TLDR
- Following its June 2026 IPO at $1.77 trillion, SpaceX’s market capitalization surged past the $2 trillion milestone
- Despite generating $18.67 billion in 2025 revenue, SpaceX reported a $4.94 billion net loss
- AST SpaceMobile’s orbital fleet expanded to nine satellites following a June 17 SpaceX launch of three additional BlueBird units
- With $3.5 billion in cash reserves, AST reported Q1 2026 revenue of $14.7 million and projects $150–$200 million for full-year 2026
- Analyst consensus for AST SpaceMobile trends toward Reduce, with a mean price target of $81.33
When SpaceX completed its initial public offering in June 2026, the company commanded a staggering $1.77 trillion valuation. Within days of commencing trading, the market capitalization exceeded $2 trillion, positioning it among the planet’s most valuable corporations.
Space Exploration Technologies Corp., SPCX
Revenue figures for 2025 reached $18.67 billion, representing significant growth from the previous year’s $14.02 billion. However, substantial capital expenditures on rocket technology and supporting infrastructure resulted in a $4.94 billion net loss.
SpaceX has evolved far beyond its original identity as a rocket manufacturer. The enterprise now integrates launch capabilities, reusable rocket technology, and Starlink’s satellite internet operations. Reuters has characterized the company as a “space, satellite and AI provider.”
Starlink provides SpaceX with predictable, recurring income that distinguishes it from competitors in the space industry. The broadband division already functions at commercial scale, with future expansion dependent on Starship advancement, government partnerships, and broader Starlink deployment.

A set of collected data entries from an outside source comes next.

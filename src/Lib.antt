-- ===== src/Lib.antt =====
-- SportCrawl: the queue of scrape jobs, the buffer that hands them to workers, and the code that
-- runs, guards and restarts those workers.
--
-- The program stores the pages to scrape as rows of one PostgreSQL table, scrape_queue. Workers claim
-- rows, fetch and parse pages, and mark the rows done or failed; a buffer lets one producer prefetch
-- candidate ids; a gate pauses all workers when the site limits the rate; a pool and a worker skeleton
-- restart browsers that fail; a work server takes new URLs over HTTP; a listener refills the queue from
-- the URL registry tables; a pipeline script runs the three kinds of workers together; and a smoke
-- harness takes a real clearance through a series of gates.
--
-- Files and the code that they model:
--   Prelude.antt and below: shared names, tests, lists and texts
--   Queue/Table.antt: infrastructure/persistence/models/scrape_queue.py, core/exceptions/repository.py
--   Queue/Repository.antt, Queue/JobRepository.antt:
--     infrastructure/persistence/repositories/scrape_queue.py
--   Queue/PlayerInfo.antt: infrastructure/persistence/repositories/player_info_queue.py,
--     core/application/retry_policy.py
--   Queue/UrlTable.antt: infrastructure/persistence/repositories/backend_urls.py
--   Queue/Lifecycle.antt: what the status of a job may do; Queue/Moves, Refinement: the operations as
--     its steps
--   Queue/Operations.antt, Claims, Recovery, Ceiling, Retries, Queue/Table/Order, Writes,
--     Totals: theorems about the queue
--   Dispatch/Buffer.antt, Dispatch/System.antt: infrastructure/browser/dispatch.py
--   Dispatch/Sound.antt, Dispatch/Delivery.antt: theorems about the buffer
--   Dispatch/Producer.antt: infrastructure/browser/dispatch.py, CandidateProducer; Dispatch/Shutdown,
--     Stopping: its theorems
--   Gate/State.antt: infrastructure/browser/gate.py; Gate/Reopening, Gate/Probes: its theorems
--   Pool/Slot.antt: infrastructure/browser/pool.py; Pool/Engines, Pool/Backoff: its theorems
--   Worker/Loop.antt: core/application/base_worker.py; Worker/Restarts: its theorems
--   Server/Urls.antt: core/security/url_validator.py; Server/Allowlist: its theorem
--   Server/Adapter.antt: infrastructure/persistence/adapters/work_queue.py; Server/Insertion: its theorem
--   Server/Json.antt, Server/Requests.antt, Server/Clearances.antt, Server/Routes.antt:
--     infrastructure/work_server/server.py
--   Server/Decisions, Server/Submission, Server/Vetting, Server/Access: theorems about the server
--   Jobs/Loop.antt: infrastructure/jobs/job_loop.py; Jobs/Saved, Listed, Progress, Draining: its theorems
--   Preflight/Checks.antt: core/preflight/checks.py; Preflight/Run.antt: core/preflight/__init__.py;
--     Preflight/Order, Clean, Revisions: theorems about them
--   Listener/Upsert.antt, Listener/Sessions.antt: infrastructure/scheduler/notify_listener.py;
--     Listener/Conflicts, Repetition: theorems about the upsert
--   Processor/Player.antt: core/application/scrape_job_processor.py; Processor/References: its theorem
--   Crawl/Job.antt, Crawl/Loops.antt: scripts/scrape_player_info.py, jobs and claim loops;
--     Crawl/Handled, Copies, Running, Tidy: theorems about them
--   Crawl/Buffered.antt: scripts/scrape_player_info.py, run_buffered; Crawl/Mirror, Quiet: its theorems
--   Crawl/Startup.antt: scripts/scrape_player_info.py, _startup_drain; Crawl/Candidates, Schedulable,
--     Drained: its theorem
--   Teams/Claim.antt: infrastructure/persistence/repositories/team_list_queue.py
--   Teams/Loop.antt: scripts/scrape_country_teams.py; Teams/Registry, Head, Stuck: its theorems
--   Players/Loop.antt: scripts/scrape_players.py,
--     infrastructure/persistence/repositories/player_list_queue.py; Players/Blocked: its theorem
--   Players/Seeding.antt: scripts/scrape_players.py, _seed_queue; Players/Seeded: its theorem
--   Queue/Head: the job that waits with the smallest id
--   Pipeline/Tasks.antt: scripts/scrape_pipeline.py, the tasks and events of main; Pipeline/Facts,
--     Keeps, Order, Stalled, Rounds, Finishing: theorems about them
--   Harness/Patterns.antt, Harness/Seams.antt, Harness/Gates.antt, Harness/Browser.antt,
--     Harness/Run.antt: cli/smoke_clearance_real.py; Harness/Passing, Conditions, Launch, Clearance,
--     Cleared, Reports, Offline: its theorems
--
-- A table is the list of its rows and a statement a function on it: WHERE is a test, ORDER BY id an
-- insertion sort, LIMIT a prefix. `Session` holds what one transaction meets: the clock, the rows that
-- other transactions hold locked (SKIP LOCKED passes over them) and whether statements reach the
-- database; when they do not, the error is the one that the code raises and the table is as it was.
-- The flush of a row object writes the whole object. Times are seconds.
--
-- Code that is not in the repository enters as arguments: what urlparse, ip_address and
-- datetime.fromisoformat answer, the router and the JSON parser of the work server (its requests carry
-- a route and a parsed body), what a browser engine, a scraper or a repository call does, and what the
-- queries of the preflight checks return. An answer may always be an exception, where the call can
-- raise one.
--
-- The loops that wait for work have no bound of their own. The job loop's drain runs on fuel: one
-- more batch than the retries of the pending jobs allow is enough, because each batch processes a
-- job that is pending and uses up one of its retries. The drain at startup of scrape_player_info.py
-- runs on fuel too: one more batch than there are finished jobs and URLs without a job. All other
-- loops are recursions on a list of rounds, rows, checks or calls.
--
-- Coroutines are cut at their awaits: what runs between two awaits is one function, and the theorems
-- range over all sequences of such steps. Where a coroutine is driven by answers of the outside world,
-- these are a list, and a list that runs out means that the coroutine still waits.
--
-- Tasks of a batch of the job loop touch their own rows only, and are taken in the order in which they
-- start.
--
-- The tasks of the pipeline script are steps of one state, which take turns in any order; its main is
-- cut at its awaits. That every worker ends is what the events say, and eight rounds of wake-ups of the
-- other tasks are then enough.
--
-- Not modelled: the preparation of main in scrape_pipeline.py and the other main functions of scripts/;
-- _notify_all_due of scrape_country_teams.py; the cadence scheduler and the composition of the work server in runtime.py; HTML parsing and
-- browser automation (third-party libraries do the work), Alembic migrations, ORM column declarations
-- beyond the columns that the queue code reads, logging, display and the command line.
pub mod Prelude
pub mod Queue
pub mod Dispatch
pub mod Gate
pub mod Pool
pub mod Worker
pub mod Jobs
pub mod Server
pub mod Listener
pub mod Preflight
pub mod Processor
pub mod Crawl
pub mod Teams
pub mod Players
pub mod Pipeline
pub mod Harness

The critical consideration for potential shareholders centers on valuation. SpaceX commands a premium that anticipates massive future expansion despite current unprofitability.
AST SpaceMobile’s Expanding Orbital Constellation
AST SpaceMobile pursues an alternative strategy. This enterprise develops a satellite constellation designed to interface directly with standard smartphones without requiring specialized equipment.
Three additional AST BlueBird satellites reached orbit on June 17 via a SpaceX launch, increasing AST’s operational constellation to nine units. The company aims to deploy 45 satellites by year-end 2026.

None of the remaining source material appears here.